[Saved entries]

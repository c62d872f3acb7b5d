-- ===== src/Engine/Keeps.antt =====
-- What holds of the rows of bids through a settlement. A settlement writes them in two places:
-- the new positions, and the mark of a bid whose owner is told.
use directory_platform.Common.{ℕ, ◌≡◌, refl, Bool, Option, List, map, update}
use directory_platform.Rank.{RankedBid, ChargeableBid}
use directory_platform.Provider.{PayPalClient}
use directory_platform.Notify.{
  spots_system_viewer, OutbidChange, outbid_debounce_ms, notify_change, notify_outbid,
}
use directory_platform.Store.Rows.{SpotRow, BidRow, FeaturedSubscription}
use directory_platform.Store.Tx.{gets}
use directory_platform.Store.Triple.{
  Triple, Keeps, Keeps-pure, Keeps-gets, Keeps-if, Keeps-option, Keeps-bind, Keeps-modify,
  Triple-bind, Keeps-collect,
}
use directory_platform.Store.Frame.{
  Holds, frame_rules, frame-assert_worker, frame-spot_by_id, frame-spot_paths, frame-enqueue_job,
  frame-listings_in_spots, frame-current_featured_subscription,
}
use directory_platform.Store.Bids.{
  spot_bids, apply_ranking, due, notified_row, mark_outbid_notified,
}
use directory_platform.Engine.{rerank_spot, rerank_spots}
use directory_platform.Engine.Rows.{apply_rows, bids_on, ranking_of, apply_ranking-eq}
use directory_platform.Engine.Sync.{
  cancel_subscription_now, suspend_now, stop_billing, settle_request, request_revision,
  settle_quantity, resume_billing, sync_approved, sync_subscription, sync_listing, sync_quantities,
  settle_spots,
}

-- The billing half of a settlement writes no bid.
module _ (F : List BidRow → Type 0) (client : Option PayPalClient) (sub : FeaturedSubscription)
    (pid q : ℕ) where
  Keeps-cancel_subscription_now : Keeps (Holds F) (cancel_subscription_now client sub pid q)
  unfolding cancel_subscription_now
  Keeps-cancel_subscription_now = search frame_rules depth 9

  Keeps-suspend_now : Keeps (Holds F) (suspend_now client sub pid q)
  unfolding suspend_now
  Keeps-suspend_now = search frame_rules depth 9

  Keeps-stop_billing :
      (live : List ChargeableBid) → Keeps (Holds F) (stop_billing client sub pid q live)
  unfolding stop_billing
  Keeps-stop_billing live =
      Keeps-if _ _ _ Keeps-cancel_subscription_now (Keeps-if _ _ _ (Keeps-pure _) Keeps-suspend_now)

  Keeps-settle_request :
      (pending : Bool) → Keeps (Holds F) (settle_request client sub pid q pending)
  unfolding settle_request
  Keeps-settle_request pending = search frame_rules depth 7

  Keeps-request_revision : Keeps (Holds F) (request_revision client sub pid q)
  unfolding request_revision
  Keeps-request_revision = search frame_rules depth 9

  Keeps-settle_quantity :
      (pending : Bool) → Keeps (Holds F) (settle_quantity client sub pid q pending)
  unfolding settle_quantity
  Keeps-settle_quantity pending =
      Keeps-if _ _ _ (Keeps-pure _)
        (Keeps-if _ _ _ (Keeps-settle_request pending) Keeps-request_revision)

  Keeps-resume_billing :
      (pending : Bool) → Keeps (Holds F) (resume_billing client sub pid q pending)
  unfolding resume_billing
  Keeps-resume_billing pending =
      Keeps-option _ _ _ (Keeps-pure _) λ m. search (frame_rules, Keeps-settle_quantity)

  Keeps-sync_approved :
      (live : List ChargeableBid) (pending : Bool)
      → Keeps (Holds F) (sync_approved client sub pid q live pending)
  unfolding sync_approved
  Keeps-sync_approved live pending =
      Keeps-if _ _ _ (Keeps-stop_billing live)
        (Keeps-if _ _ _ (Keeps-resume_billing pending) (Keeps-settle_quantity pending))

module _ (F : List BidRow → Type 0) (client : Option PayPalClient) where
  Keeps-sync_subscription :
      (sub : FeaturedSubscription) (live : List ChargeableBid) (pending : Bool)
      → Keeps (Holds F) (sync_subscription client sub live pending)
  unfolding sync_subscription
  Keeps-sync_subscription sub live pending =
      Keeps-option _ _ _ (Keeps-pure _)
        λ pid. Keeps-if _ _ _ (Keeps-pure _) (Keeps-sync_approved F client sub pid _ live pending)

  Keeps-sync_listing : (l : ℕ) → Keeps (Holds F) (sync_listing client l)
  unfolding sync_listing
  Keeps-sync_listing l = Keeps-bind _ _ (frame-current_featured_subscription F _ _ _) λ found.
      Keeps-option _ _ _ (Keeps-pure _) λ sub. search (frame_rules, Keeps-sync_subscription)

  pub Keeps-sync_quantities : (ls : List ℕ) → Keeps (Holds F) (sync_quantities client ls)
  unfolding sync_quantities
  Keeps-sync_quantities ls = Keeps-collect _ _ Keeps-sync_listing

module _ (F : List BidRow → Type 0)
    (keeps_ranking : (spot : SpotRow) (spot_id at : ℕ) (bids : List BidRow)
      → F bids
      → F (apply_rows at spot_id (ranking_of spot spot_id bids) bids))
    (keeps_mark : (at bid_id : ℕ) (bids : List BidRow)
      → F bids
      → F (update (due at outbid_debounce_ms bid_id) (notified_row at) bids)) where
  Keeps-mark :
      (id : ℕ) → Keeps (Holds F) (mark_outbid_notified spots_system_viewer id outbid_debounce_ms)
  unfolding mark_outbid_notified
  Keeps-mark id = Keeps-bind _ _ (frame-assert_worker F _) λ _. Keeps-bind _ _ (Keeps-gets _) λ at.
      Keeps-bind _ _ (Keeps-gets _)
        λ hit. Keeps-bind _ _ (Keeps-modify _ (λ s h. keeps_mark at id s.bids h)) λ _. Keeps-pure _

  Keeps-notify_change :
      (spot : SpotRow) (after : List RankedBid) (silent : Option ℕ) (c : OutbidChange)
      → Keeps (Holds F) (notify_change spot after silent c)
  unfolding notify_change
  Keeps-notify_change spot after silent c = Keeps-if _ _ _ (Keeps-pure _) (
      Keeps-bind _ _ (Keeps-mark c.bid_id) λ fresh.
        Keeps-if _ _ _ (Keeps-pure _) (Keeps-bind _ _ (frame-enqueue_job F _) λ _. Keeps-pure _))

  Keeps-notify_outbid :
      (spot : SpotRow) (before : List BidRow) (after : List RankedBid) (silent : Option ℕ)
      → Keeps (Holds F) (notify_outbid spot before after silent)
  unfolding notify_outbid
  Keeps-notify_outbid spot before after silent =
      Keeps-collect _ _ (Keeps-notify_change spot after silent)

  -- The rows that were read are the ones that are ranked and written.
  Triple-spot_bids :
      (spot_id : ℕ)
      → Triple (Holds F) (spot_bids spot_id) (λ rows s. Holds F s × (rows ≡ bids_on spot_id s.bids))
  unfolding spot_bids gets
  Triple-spot_bids spot_id = record { at = λ s h. (h, refl) }

  Triple-apply_ranking :
      (spot : SpotRow) (spot_id : ℕ) (rows : List BidRow)
      → Triple
          (λ s. Holds F s × (rows ≡ bids_on spot_id s.bids))
          (apply_ranking spots_system_viewer spot_id (
            directory_platform.Rank.rank_bids
              (map directory_platform.Engine.rankable rows)
              spot.positions))
          (λ _. Holds F)
  Triple-apply_ranking spot spot_id rows = record {
    at =
        λ s h. rw (apply_ranking-eq spot_id _ s, h.1) (keeps_ranking spot spot_id s.now s.bids h.0);
  }

  Keeps-rerank_spot : (silent : Option ℕ) (id : ℕ) → Keeps (Holds F) (rerank_spot silent id)
  unfolding rerank_spot
  Keeps-rerank_spot silent id = Keeps-bind _ _ (frame-spot_by_id F id) λ found.
      Keeps-option _ _ _ (Keeps-pure _) λ spot. Triple-bind _ _ _ (Triple-spot_bids id) λ rows.
        Triple-bind _ _ _ (Triple-apply_ranking spot id rows)
          λ _. Keeps-bind _ _ (Keeps-notify_outbid _ _ _ _) λ _. frame-spot_paths F _

  pub Keeps-rerank_spots :
      (ids : List ℕ) (silent : Option ℕ) → Keeps (Holds F) (rerank_spots ids silent)
  unfolding rerank_spots
  Keeps-rerank_spots ids silent =
      Keeps-bind _ _ (Keeps-collect _ _ (Keeps-rerank_spot silent))
        λ paths. Keeps-bind _ _ (frame-listings_in_spots F _ _) λ l. Keeps-pure _

  -- A settlement keeps what its two writes to the bids keep.
  pub Keeps-settle_spots :
      (client : Option PayPalClient) (ids also : List ℕ) (silent : Option ℕ)
      → Keeps (Holds F) (settle_spots client ids also silent)
  unfolding settle_spots
  Keeps-settle_spots client ids also silent =
      Keeps-bind _ _ (Keeps-rerank_spots ids silent)
        λ ranked. Keeps-bind _ _ (Keeps-sync_quantities F client _) λ changes. Keeps-pure _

§ **Your instructions**
Each line above that includes "positions" should be shown.

§ **Answer space**
-- the new positions, and the mark of a bid whose owner is told.
              spot.positions))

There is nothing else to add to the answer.